If you're an existing investor, you must be contemplating investing in US stocks after the latest fiasco. It's normal to think, 'why is the US stock market falling?' or 'Is my money invested in US stocks safe?'. Besides recent poor performances causing anxiety, Wall Street posting the worst day of 2023 must have been particularly tough. Well, market volatility is nothing new. What goes up must come down, and vice versa.
If you were to narrow down the top cause for the US stock market crash of 2023, it would be – the policy changes and repo rate hikes brought about by the US Federal Reserve and the ongoing conflict in Ukraine.
The Federal Reserve, like the RBI, is a central bank and, as such, is the custodian of the country’s monetary policy. Reeling from the post-pandemic effects, the US witnessed a rapid rise in inflation which reached a high of 9.1% in June 2022. It was the highest level in almost 40 years.
Naturally, the Federal Reserve promptly got into action mode — altering its policies and sharply increasing interest rates to discourage borrowing, encourage savings, and reduce the currency supply to curtail inflation.

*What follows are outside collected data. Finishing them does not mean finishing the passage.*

-- ===== src/Protocol/Split.antt =====
-- The fragments that `UdpPacket::split_packet` makes (crates/ombrac/src/protocol.rs).
use ombrac.Prelude.{
  ℕ, zero, suc, ◌+◌, ◌*◌, ◌%◌, ◌≤◌, ◌<◌, ◌≡◌, refl, ap, ◌∙◌, none, some, List, [], ◌∷◌, ◌++◌, arith,
  lt_of_mul-lt-mul, length, take, drop, length-take, length-drop, take-append-drop, concat, All,
  ◌==◌, if◌then◌else◌,
}
use mathlib.Core.Path.{subst}
use ombrac.Net.{Bytes}
use ombrac.Protocol.{
  Address, UdpPacket, unfragmented, fragmented, chunks_loop, chunks, make_fragment, enumerate_map,
  split_packet,
}

-- A chunk holds an octet at least, and `size` at most.
abbrev pub IsChunk : ℕ → Bytes → Type 0
IsChunk size c = (0 < length c) × (length c ≤ size)

chunks_loop-concat :
    (fuel size : ℕ) (xs : Bytes)
    → 0 < size
    → length xs ≤ fuel
    → concat (chunks_loop fuel size xs) ≡ xs
unfolding chunks_loop
chunks_loop-concat zero size [] h k = refl
chunks_loop-concat zero size (x ∷ xs) h k = absurd (omega arith)
chunks_loop-concat (suc fuel) size [] h k = refl
chunks_loop-concat (suc fuel) size (x ∷ xs) h k =
    ap (◌++◌ (take size (x ∷ xs))) (
      chunks_loop-concat fuel size (drop size (x ∷ xs)) h
        (omega (arith, length-drop size (x ∷ xs))))
    ∙ take-append-drop size (x ∷ xs)

chunks_loop-IsChunk :
    (fuel size : ℕ) (xs : Bytes) → 0 < size → All (IsChunk size) (chunks_loop fuel size xs)
unfolding chunks_loop
chunks_loop-IsChunk zero size xs h = tt
chunks_loop-IsChunk (suc fuel) size [] h = tt
chunks_loop-IsChunk (suc fuel) size (x ∷ xs) h = (
  (omega (arith, length-take size (x ∷ xs)), omega (arith, length-take size (x ∷ xs))),
  chunks_loop-IsChunk fuel size (drop size (x ∷ xs)) h,
)

-- The number of chunks is the length divided by the size, rounded up.
chunks_loop-count :
    (fuel size : ℕ) (xs : Bytes)
    → 0 < size
    → length xs ≤ fuel
    → (length xs ≤ size * length (chunks_loop fuel size xs))
      × (size * length (chunks_loop fuel size xs) < length xs + size)
unfolding chunks_loop
chunks_loop-count zero size [] h k = omega arith
chunks_loop-count zero size (x ∷ xs) h k = absurd (omega arith)
chunks_loop-count (suc fuel) size [] h k = omega arith
chunks_loop-count (suc fuel) size (x ∷ xs) h k = grind (
  arith,
  length-drop size (x ∷ xs),
  chunks_loop-count fuel size (drop size (x ∷ xs)) h (omega (arith, length-drop size (x ∷ xs))),
)

pub chunks-concat : (size : ℕ) (xs : Bytes) → 0 < size → concat (chunks size xs) ≡ xs
unfolding chunks
chunks-concat size xs h = chunks_loop-concat (length xs) size xs h (omega arith)

pub chunks-IsChunk : (size : ℕ) (xs : Bytes) → 0 < size → All (IsChunk size) (chunks size xs)
unfolding chunks
chunks-IsChunk size xs h = chunks_loop-IsChunk (length xs) size xs h

pub chunks-count :
    (size : ℕ) (xs : Bytes)
    → 0 < size
    → (length xs ≤ size * length (chunks size xs))
      × (size * length (chunks size xs) < length xs + size)
unfolding chunks
chunks-count size xs h = chunks_loop-count (length xs) size xs h (omega arith)

abbrev pub payloads : List UdpPacket → Bytes
payloads [] = []
payloads (unfragmented s a d ∷ ps) = d ++ payloads ps
payloads (fragmented f ∷ ps) = f.payload ++ payloads ps

-- The packets are fragments of one packet of `n`, numbered from `i` on; the one numbered 0 alone
-- names the destination.
abbrev pub Numbered : ℕ → Address → ℕ → ℕ → ℕ → ℕ → List UdpPacket → Type 0
Numbered sid addr fid size n i [] = Unit
Numbered sid addr fid size n i (unfragmented s a d ∷ ps) = ⊥
Numbered sid addr fid size n i (fragmented f ∷ ps) =
    ((f.session_id ≡ sid)
      × (f.fragment_id ≡ fid)
      × (f.fragment_index ≡ i)
      × (f.fragment_count ≡ n)
      × (f.address ≡ (if i == 0 then some addr else none))
      × IsChunk size f.payload)
    × Numbered sid addr fid size n (i + 1) ps

enumerate-Numbered :
    (sid : ℕ) (addr : Address) (fid size n i : ℕ) (cs : List Bytes)
    → i + length cs < 65536
    → All (IsChunk size) cs
    → Numbered sid addr fid size n i (enumerate_map (make_fragment sid addr fid n) i cs)
unfolding make_fragment
enumerate-Numbered sid addr fid size n i [] h a = tt
enumerate-Numbered sid addr fid size n i (c ∷ cs) h (a, as') = (
  (refl, refl, omega arith, refl, ground arith, a),
  enumerate-Numbered sid addr fid size n (i + 1) cs (omega arith) as',
)

enumerate-payloads :
    (sid : ℕ) (addr : Address) (fid n i : ℕ) (cs : List Bytes)
    → payloads (enumerate_map (make_fragment sid addr fid n) i cs) ≡ concat cs
unfolding make_fragment
enumerate-payloads sid addr fid n i [] = refl
enumerate-payloads sid addr fid n i (c ∷ cs) =
    ap (◌++◌ c) (enumerate-payloads sid addr fid n (i + 1) cs)

pub length-enumerate_map {ℓ κ} :
    {A : Type ℓ} {B : Type κ} (f : ℕ → A → B) (i : ℕ) (xs : List A)
    → length (enumerate_map f i xs) ≡ length xs
length-enumerate_map f i [] = refl
length-enumerate_map f i (x ∷ xs) = ap suc (length-enumerate_map f (i + 1) xs)

pub split_packet-made :
    (sid : ℕ) (addr : Address) (payload : Bytes) (size fid : ℕ)
    → 0 < size
    → 0 < length (chunks size payload) % 65536
    → split_packet sid addr payload size fid
      ≡ some (
          enumerate_map
            (make_fragment sid addr fid (length (chunks size payload) % 65536))
            0
            (chunks size payload))
unfolding split_packet
split_packet-made sid addr payload size fid pos h = ground arith

-- A successful split made this list.
pub split_packet-some :
    (sid : ℕ) (addr : Address) (payload : Bytes) (size fid : ℕ) (packets : List UdpPacket)
    → split_packet sid addr payload size fid ≡ some packets
    → (0 < size)
      × (0 < length (chunks size payload) % 65536)
      × (packets
          ≡ enumerate_map
              (make_fragment sid addr fid (length (chunks size payload) % 65536))
              0
              (chunks size payload))
unfolding split_packet
split_packet-some sid addr payload size fid packets e = ground arith

-- A split into at most 65535 packets yields fragments numbered from 0, of one session and fragment
-- id, each with the number of the packets as its count and with 1 to `size` octets; the first alone
-- names the destination, and the payloads in order are the data.
pub split_packet-Numbered :
    (sid : ℕ) (addr : Address) (payload : Bytes) (size fid : ℕ) (packets : List UdpPacket)
    → split_packet sid addr payload size fid ≡ some packets
    → length packets < 65536
    → Numbered sid addr fid size (length packets) 0 packets × (payloads packets ≡ payload)
split_packet-Numbered sid addr payload size fid packets e h =
    let (pos, _, made) = split_packet-some sid addr payload size fid packets e in
    let cs : List Bytes = chunks size payload in
    let count : length packets ≡ length cs = ap length made ∙ length-enumerate_map _ 0 cs in
    let whole : length cs % 65536 ≡ length packets = omega arith in
    (
      rw made (
          rw (length-enumerate_map (make_fragment sid addr fid (length cs % 65536)) 0 cs) (
            subst
              (λ n.
                Numbered sid addr fid size n 0
                  (enumerate_map (make_fragment sid addr fid (length cs % 65536)) 0 cs))
              (omega arith)
              (enumerate-Numbered sid addr fid size (length cs % 65536) 0 cs (omega arith)
                (chunks-IsChunk size payload pos)))),
      ap payloads made ∙ enumerate-payloads sid addr fid _ 0 cs ∙ chunks-concat size payload pos,
    )

-- The split of 1 to 65535 * `size` octets succeeds, and makes as many packets as the length divided
-- by `size`, rounded up.
pub split_packet-total :
    (sid : ℕ) (addr : Address) (payload : Bytes) (size fid : ℕ)
    → 0 < size
    → 0 < length payload
    → length payload ≤ size * 65535
    → (packets : List UdpPacket) × (split_packet sid addr payload size fid ≡ some packets)
      × (length payload ≤ size * length packets)
      × (size * length packets < length payload + size)
split_packet-total sid addr payload size fid pos some' fits =
    let cs : List Bytes = chunks size payload in
    let (enough, tight) = chunks-count size payload pos in
    let below : length cs < 65536 = lt_of_mul-lt-mul size (length cs) 65536 (omega arith) in
    let count = length-enumerate_map (make_fragment sid addr fid (length cs % 65536)) 0 cs in
    let above : 0 < length cs = lt_of_mul-lt-mul size 0 (length cs) (omega arith) in
    (
      enumerate_map (make_fragment sid addr fid (length cs % 65536)) 0 cs,
      split_packet-made sid addr payload size fid pos (omega arith),
      rw count enough,
      rw count tight,
    )

-- Every packet is a fragment with this count.
abbrev pub Counted : ℕ → List UdpPacket → Type 0
Counted n [] = Unit
Counted n (unfragmented s a d ∷ ps) = ⊥
Counted n (fragmented f ∷ ps) = (f.fragment_count ≡ n) × Counted n ps

enumerate-Counted :
    (sid : ℕ) (addr : Address) (fid n i : ℕ) (cs : List Bytes)
    → Counted n (enumerate_map (make_fragment sid addr fid n) i cs)
unfolding make_fragment
enumerate-Counted sid addr fid n i [] = tt
enumerate-Counted sid addr fid n i (c ∷ cs) = (refl, enumerate-Counted sid addr fid n (i + 1) cs)

-- Every fragment's count is the number of packets, as a u16.
pub split_packet-Counted :
    (sid : ℕ) (addr : Address) (payload : Bytes) (size fid : ℕ) (packets : List UdpPacket)
    → split_packet sid addr payload size fid ≡ some packets
    → Counted (length packets % 65536) packets
split_packet-Counted sid addr payload size fid packets e =
    let (_, _, made) = split_packet-some sid addr payload size fid packets e in
    let cs : List Bytes = chunks size payload in
    let count : length packets ≡ length cs = ap length made ∙ length-enumerate_map _ 0 cs in
    rw count (rw made (enumerate-Counted sid addr fid (length cs % 65536) 0 cs))

-- From 65536 packets on all fragments carry a count that is not the number of packets: the
-- conversion to u16 wraps, and the assertion behind it refuses multiples of 65536 only.
pub split_packet-count_wraps :
    (sid : ℕ) (addr : Address) (payload : Bytes) (size fid : ℕ) (packets : List UdpPacket)
    → split_packet sid addr payload size fid ≡ some packets
    → 65535 < length packets
    → Counted (length packets % 65536) packets × (length packets % 65536 < length packets)
split_packet-count_wraps sid addr payload size fid packets e h =
    (split_packet-Counted sid addr payload size fid packets e, omega arith)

All actions are followed by reactions. This theorem also applies in the stock market — a record-high rise in prices of commodities and goods and an increase in interest rates led to negative investor sentiment. An increase in the yield of low-risk government bonds also appealed to investors and reduced the demand for high-growth stocks in the market, leading to a market drop.
Note: The ongoing conflict in Ukraine has caused a big dent in the supply chain of valuable commodities like fuel, gas, etc., significantly raising prices. This geopolitical instability has also played its part in the fall of the US markets.
It's only human that a sense of panic sets in whenever there is increased uncertainty due to a market drop. Many investors decide to sell their stocks, causing prices to fall further. It leads to a market downturn. So, what can investors do? Consider this an opportunity to buy top-notch FAANG stocks at lower-than-usual prices.
Investment gurus like Warren Buffett have always preached the merits of long-term trading and avoiding panic selling. It is not the first market slowdown and won't be the last. Staying invested is considered wise after thoroughly evaluating your positions and risk exposure.
If you are also more of the 'glass half full' person, consider getting an account on Fi to invest in US stocks. Fi enables you to invest in top US companies — at industry-best forex rates and zero brokerage fees. You can own shares in Apple, Tesla, Microsoft, etc.! Novice investors can use Curated Collections to make sound investment decisions. Seasoned investors can dive deeper, apply many filters (like Stock Price) and pick stocks from a wide range of international options.
Here's a short video on India's GDP growth: https://www.youtube.com/shorts/hsaBpaDokoo
There is no fixed rule to predict how a stock market crash lasts. However, if you look at past trends in the US, S&P 500 Index has undergone 25-26 slow-down periods in the last century. Yet, it has bounced back successfully each time. This historical evidence supports the confidence of investors who are treating the current downturn as an opportunity to buy stocks at a low price for future gains.
Market volatility will always exist, and successful investors understand the risks well. Stock markets get influenced by factors: Internal (economic growth indicators, the country's GDP, fiscal policies, and foreign investment in-flow) & Global (geopolitical events, conflicts, pandemics, sanctions, etc.). However, it's worth noting that the stock market has historically tended to recover from crashes over time and that past performance does not guarantee future results.